**Task brief**
Output only the lines of the entries that follow, starting at the one with "has_page none = false" and running down to the one with "false false", both included and unchanged.
===============
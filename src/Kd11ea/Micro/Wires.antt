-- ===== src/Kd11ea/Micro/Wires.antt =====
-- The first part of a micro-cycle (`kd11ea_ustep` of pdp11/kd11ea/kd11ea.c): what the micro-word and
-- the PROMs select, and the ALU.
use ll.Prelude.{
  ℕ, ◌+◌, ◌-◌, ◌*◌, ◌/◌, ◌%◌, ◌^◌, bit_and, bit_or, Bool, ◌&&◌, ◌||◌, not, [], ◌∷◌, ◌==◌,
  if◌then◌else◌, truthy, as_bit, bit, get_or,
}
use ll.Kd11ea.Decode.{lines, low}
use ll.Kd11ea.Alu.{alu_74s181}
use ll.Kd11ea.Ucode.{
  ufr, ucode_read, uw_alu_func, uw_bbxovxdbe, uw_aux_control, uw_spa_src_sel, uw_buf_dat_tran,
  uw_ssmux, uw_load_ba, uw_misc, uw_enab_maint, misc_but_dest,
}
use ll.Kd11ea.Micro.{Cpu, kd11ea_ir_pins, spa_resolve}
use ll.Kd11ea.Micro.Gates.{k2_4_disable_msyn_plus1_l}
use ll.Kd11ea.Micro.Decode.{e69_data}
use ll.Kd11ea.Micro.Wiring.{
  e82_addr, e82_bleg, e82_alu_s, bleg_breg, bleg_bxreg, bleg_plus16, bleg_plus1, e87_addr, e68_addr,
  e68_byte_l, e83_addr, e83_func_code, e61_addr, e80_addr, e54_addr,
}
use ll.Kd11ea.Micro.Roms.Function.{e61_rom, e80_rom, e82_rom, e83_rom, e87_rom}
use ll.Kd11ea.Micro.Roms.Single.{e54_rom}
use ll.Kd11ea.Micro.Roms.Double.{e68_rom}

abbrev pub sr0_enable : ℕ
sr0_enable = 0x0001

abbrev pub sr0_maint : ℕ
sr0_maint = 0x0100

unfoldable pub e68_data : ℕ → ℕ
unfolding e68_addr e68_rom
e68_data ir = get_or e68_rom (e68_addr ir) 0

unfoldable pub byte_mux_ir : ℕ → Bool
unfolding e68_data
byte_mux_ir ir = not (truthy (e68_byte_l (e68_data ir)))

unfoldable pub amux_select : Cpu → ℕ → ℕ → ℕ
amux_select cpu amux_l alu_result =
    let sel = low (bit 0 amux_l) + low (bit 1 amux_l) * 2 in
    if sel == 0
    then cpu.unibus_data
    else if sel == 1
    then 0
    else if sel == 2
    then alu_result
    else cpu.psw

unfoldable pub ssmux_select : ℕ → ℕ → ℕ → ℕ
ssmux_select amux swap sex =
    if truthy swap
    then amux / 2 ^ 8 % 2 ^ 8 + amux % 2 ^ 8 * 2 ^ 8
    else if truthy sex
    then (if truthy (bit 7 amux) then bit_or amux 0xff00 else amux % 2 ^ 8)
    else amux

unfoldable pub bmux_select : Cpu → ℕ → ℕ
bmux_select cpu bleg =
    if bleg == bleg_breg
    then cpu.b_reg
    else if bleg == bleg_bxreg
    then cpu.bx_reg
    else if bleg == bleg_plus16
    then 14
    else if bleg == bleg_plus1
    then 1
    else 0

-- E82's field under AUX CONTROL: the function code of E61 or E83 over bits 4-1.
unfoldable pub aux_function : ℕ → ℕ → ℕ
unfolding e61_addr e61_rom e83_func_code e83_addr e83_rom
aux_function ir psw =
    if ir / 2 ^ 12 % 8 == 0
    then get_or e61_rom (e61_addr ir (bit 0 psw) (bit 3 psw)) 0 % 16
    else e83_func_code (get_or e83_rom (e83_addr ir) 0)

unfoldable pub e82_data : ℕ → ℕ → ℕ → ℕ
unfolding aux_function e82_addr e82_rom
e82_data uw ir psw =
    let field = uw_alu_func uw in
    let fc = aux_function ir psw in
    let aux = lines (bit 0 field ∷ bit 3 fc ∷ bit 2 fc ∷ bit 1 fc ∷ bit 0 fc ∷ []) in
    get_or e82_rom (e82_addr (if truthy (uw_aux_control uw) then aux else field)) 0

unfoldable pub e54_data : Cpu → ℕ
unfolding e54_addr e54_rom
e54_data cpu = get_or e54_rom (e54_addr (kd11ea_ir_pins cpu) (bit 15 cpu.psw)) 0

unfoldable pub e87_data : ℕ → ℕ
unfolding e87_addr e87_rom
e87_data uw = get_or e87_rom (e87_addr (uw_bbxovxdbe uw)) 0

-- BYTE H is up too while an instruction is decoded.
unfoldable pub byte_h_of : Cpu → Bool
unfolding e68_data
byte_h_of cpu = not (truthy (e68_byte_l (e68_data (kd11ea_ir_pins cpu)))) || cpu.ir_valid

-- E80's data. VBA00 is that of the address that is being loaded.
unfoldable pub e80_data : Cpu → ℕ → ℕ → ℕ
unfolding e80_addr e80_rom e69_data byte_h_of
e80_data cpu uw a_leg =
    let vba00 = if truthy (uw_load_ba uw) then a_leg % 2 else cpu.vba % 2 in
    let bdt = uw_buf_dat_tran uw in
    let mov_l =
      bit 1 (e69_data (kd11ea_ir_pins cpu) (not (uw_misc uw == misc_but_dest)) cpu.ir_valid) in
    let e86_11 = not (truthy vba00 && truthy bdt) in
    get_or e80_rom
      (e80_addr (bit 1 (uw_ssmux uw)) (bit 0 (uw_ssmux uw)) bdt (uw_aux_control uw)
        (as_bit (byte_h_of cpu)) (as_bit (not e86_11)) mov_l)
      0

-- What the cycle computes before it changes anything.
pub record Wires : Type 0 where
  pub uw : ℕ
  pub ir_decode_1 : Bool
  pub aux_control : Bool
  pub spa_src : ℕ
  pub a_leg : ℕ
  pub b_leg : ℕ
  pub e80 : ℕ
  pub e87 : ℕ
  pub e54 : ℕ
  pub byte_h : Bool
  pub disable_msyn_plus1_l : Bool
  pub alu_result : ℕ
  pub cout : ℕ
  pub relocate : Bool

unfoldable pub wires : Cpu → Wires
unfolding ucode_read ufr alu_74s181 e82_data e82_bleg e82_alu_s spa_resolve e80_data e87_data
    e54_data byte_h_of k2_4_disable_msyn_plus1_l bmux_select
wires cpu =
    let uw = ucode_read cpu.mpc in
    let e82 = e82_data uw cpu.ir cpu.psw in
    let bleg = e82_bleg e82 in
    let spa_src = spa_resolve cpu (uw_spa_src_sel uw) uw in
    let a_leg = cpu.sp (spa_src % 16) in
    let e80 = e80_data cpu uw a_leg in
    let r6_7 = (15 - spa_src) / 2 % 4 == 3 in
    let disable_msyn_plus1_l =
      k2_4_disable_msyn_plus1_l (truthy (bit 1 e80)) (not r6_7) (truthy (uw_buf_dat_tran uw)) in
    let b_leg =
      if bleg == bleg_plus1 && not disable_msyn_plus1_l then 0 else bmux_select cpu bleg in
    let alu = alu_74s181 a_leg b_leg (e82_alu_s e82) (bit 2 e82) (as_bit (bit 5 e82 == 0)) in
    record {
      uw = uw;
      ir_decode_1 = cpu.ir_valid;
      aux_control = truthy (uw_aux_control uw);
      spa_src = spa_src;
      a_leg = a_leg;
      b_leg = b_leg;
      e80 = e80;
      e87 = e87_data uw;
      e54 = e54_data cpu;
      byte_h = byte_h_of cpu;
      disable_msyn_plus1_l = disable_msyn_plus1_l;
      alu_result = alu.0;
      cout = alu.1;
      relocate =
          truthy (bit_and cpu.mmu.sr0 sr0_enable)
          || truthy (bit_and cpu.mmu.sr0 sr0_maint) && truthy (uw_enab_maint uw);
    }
===============
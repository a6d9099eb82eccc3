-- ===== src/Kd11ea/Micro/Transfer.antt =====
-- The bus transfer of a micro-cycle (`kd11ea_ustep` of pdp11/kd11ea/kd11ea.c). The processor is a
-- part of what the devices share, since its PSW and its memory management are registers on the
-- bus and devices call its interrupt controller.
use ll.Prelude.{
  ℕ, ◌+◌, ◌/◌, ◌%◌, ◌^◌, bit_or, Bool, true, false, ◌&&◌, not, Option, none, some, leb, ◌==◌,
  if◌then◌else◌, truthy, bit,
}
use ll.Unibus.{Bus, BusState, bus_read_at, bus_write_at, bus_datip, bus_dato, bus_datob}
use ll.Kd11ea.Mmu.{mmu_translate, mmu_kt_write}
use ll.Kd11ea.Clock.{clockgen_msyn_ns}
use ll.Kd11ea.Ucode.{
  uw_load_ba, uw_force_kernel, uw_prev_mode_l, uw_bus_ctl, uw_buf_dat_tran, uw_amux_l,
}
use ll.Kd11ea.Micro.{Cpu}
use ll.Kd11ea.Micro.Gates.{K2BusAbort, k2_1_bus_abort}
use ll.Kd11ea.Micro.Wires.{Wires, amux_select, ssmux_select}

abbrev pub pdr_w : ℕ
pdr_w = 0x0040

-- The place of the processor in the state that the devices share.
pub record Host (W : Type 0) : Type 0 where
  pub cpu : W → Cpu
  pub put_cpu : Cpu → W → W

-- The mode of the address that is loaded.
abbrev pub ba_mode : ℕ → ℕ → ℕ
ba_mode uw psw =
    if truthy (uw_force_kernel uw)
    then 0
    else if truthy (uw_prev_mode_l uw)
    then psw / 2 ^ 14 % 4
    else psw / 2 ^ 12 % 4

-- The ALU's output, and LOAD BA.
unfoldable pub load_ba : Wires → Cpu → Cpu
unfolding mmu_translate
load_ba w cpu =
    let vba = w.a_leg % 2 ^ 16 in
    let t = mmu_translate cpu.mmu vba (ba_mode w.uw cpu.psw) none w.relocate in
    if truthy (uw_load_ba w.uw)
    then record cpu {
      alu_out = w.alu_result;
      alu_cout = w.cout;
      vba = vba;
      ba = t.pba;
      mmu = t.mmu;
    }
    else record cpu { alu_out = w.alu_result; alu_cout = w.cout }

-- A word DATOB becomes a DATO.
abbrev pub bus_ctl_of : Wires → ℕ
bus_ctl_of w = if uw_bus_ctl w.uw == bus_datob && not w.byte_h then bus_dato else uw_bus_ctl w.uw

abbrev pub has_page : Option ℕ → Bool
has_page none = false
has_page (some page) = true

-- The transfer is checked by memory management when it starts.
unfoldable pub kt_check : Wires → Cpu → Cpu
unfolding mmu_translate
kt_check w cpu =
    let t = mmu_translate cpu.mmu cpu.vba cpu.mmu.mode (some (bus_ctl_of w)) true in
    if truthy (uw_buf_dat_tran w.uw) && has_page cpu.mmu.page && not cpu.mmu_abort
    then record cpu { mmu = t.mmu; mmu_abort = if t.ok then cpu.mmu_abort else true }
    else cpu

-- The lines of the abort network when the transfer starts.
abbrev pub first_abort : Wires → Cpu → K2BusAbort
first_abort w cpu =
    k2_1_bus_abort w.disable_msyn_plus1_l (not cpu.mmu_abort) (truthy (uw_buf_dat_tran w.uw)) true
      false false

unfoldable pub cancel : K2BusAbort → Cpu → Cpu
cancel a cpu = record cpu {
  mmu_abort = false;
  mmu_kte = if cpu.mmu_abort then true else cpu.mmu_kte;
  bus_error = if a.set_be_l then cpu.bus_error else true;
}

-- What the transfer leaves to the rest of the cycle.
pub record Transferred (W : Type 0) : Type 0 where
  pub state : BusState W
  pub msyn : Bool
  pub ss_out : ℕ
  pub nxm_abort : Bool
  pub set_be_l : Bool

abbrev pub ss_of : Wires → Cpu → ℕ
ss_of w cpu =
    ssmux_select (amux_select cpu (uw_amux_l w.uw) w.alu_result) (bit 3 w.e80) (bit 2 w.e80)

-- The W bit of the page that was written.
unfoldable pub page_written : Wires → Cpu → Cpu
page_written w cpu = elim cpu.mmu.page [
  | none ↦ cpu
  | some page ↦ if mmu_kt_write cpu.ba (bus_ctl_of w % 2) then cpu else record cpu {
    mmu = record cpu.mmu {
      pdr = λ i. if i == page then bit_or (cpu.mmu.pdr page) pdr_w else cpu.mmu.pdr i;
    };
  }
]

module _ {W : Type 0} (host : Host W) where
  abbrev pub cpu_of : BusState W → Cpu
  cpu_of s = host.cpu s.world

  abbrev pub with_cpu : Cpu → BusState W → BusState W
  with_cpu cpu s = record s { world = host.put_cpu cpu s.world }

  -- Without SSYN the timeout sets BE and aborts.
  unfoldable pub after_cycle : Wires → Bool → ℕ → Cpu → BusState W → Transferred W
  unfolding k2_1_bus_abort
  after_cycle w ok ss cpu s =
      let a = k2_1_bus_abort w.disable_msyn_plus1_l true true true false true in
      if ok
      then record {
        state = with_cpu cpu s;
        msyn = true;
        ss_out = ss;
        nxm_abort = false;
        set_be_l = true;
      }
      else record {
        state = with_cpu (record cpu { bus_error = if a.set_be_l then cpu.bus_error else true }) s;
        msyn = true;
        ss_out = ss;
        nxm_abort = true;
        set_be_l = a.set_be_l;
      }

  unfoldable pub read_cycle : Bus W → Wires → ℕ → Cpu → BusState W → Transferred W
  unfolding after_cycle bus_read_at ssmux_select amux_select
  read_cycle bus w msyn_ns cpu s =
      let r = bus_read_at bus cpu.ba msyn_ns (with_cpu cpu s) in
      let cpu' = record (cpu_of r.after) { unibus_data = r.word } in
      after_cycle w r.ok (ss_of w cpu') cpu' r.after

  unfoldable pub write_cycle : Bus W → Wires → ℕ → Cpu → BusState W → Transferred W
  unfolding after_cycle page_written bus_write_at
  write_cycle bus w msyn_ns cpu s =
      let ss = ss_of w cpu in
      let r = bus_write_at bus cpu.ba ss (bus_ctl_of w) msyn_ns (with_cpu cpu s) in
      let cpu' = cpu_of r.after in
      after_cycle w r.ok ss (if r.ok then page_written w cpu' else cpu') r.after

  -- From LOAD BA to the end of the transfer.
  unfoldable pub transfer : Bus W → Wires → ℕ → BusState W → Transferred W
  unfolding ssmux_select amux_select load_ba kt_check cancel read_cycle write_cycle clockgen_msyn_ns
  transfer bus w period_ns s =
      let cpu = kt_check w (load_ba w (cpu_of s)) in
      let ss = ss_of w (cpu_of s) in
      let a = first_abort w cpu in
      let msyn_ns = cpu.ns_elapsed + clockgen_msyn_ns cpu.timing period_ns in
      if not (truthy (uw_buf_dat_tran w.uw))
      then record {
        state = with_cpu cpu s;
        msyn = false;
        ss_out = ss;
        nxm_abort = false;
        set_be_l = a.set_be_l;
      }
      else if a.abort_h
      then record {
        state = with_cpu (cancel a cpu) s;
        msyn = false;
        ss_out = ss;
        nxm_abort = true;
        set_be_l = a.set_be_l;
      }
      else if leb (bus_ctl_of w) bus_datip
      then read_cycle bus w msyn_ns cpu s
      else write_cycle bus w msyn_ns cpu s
===============
**Written solution**
has_page none = false
has_page (some page) = true

-- The transfer is checked by memory management when it starts.
unfoldable pub kt_check : Wires → Cpu → Cpu
unfolding mmu_translate
kt_check w cpu =
    let t = mmu_translate cpu.mmu cpu.vba cpu.mmu.mode (some (bus_ctl_of w)) true in
    if truthy (uw_buf_dat_tran w.uw) && has_page cpu.mmu.page && not cpu.mmu_abort
    then record cpu { mmu = t.mmu; mmu_abort = if t.ok then cpu.mmu_abort else true }
    else cpu

-- The lines of the abort network when the transfer starts.
abbrev pub first_abort : Wires → Cpu → K2BusAbort
first_abort w cpu =
    k2_1_bus_abort w.disable_msyn_plus1_l (not cpu.mmu_abort) (truthy (uw_buf_dat_tran w.uw)) true
      false false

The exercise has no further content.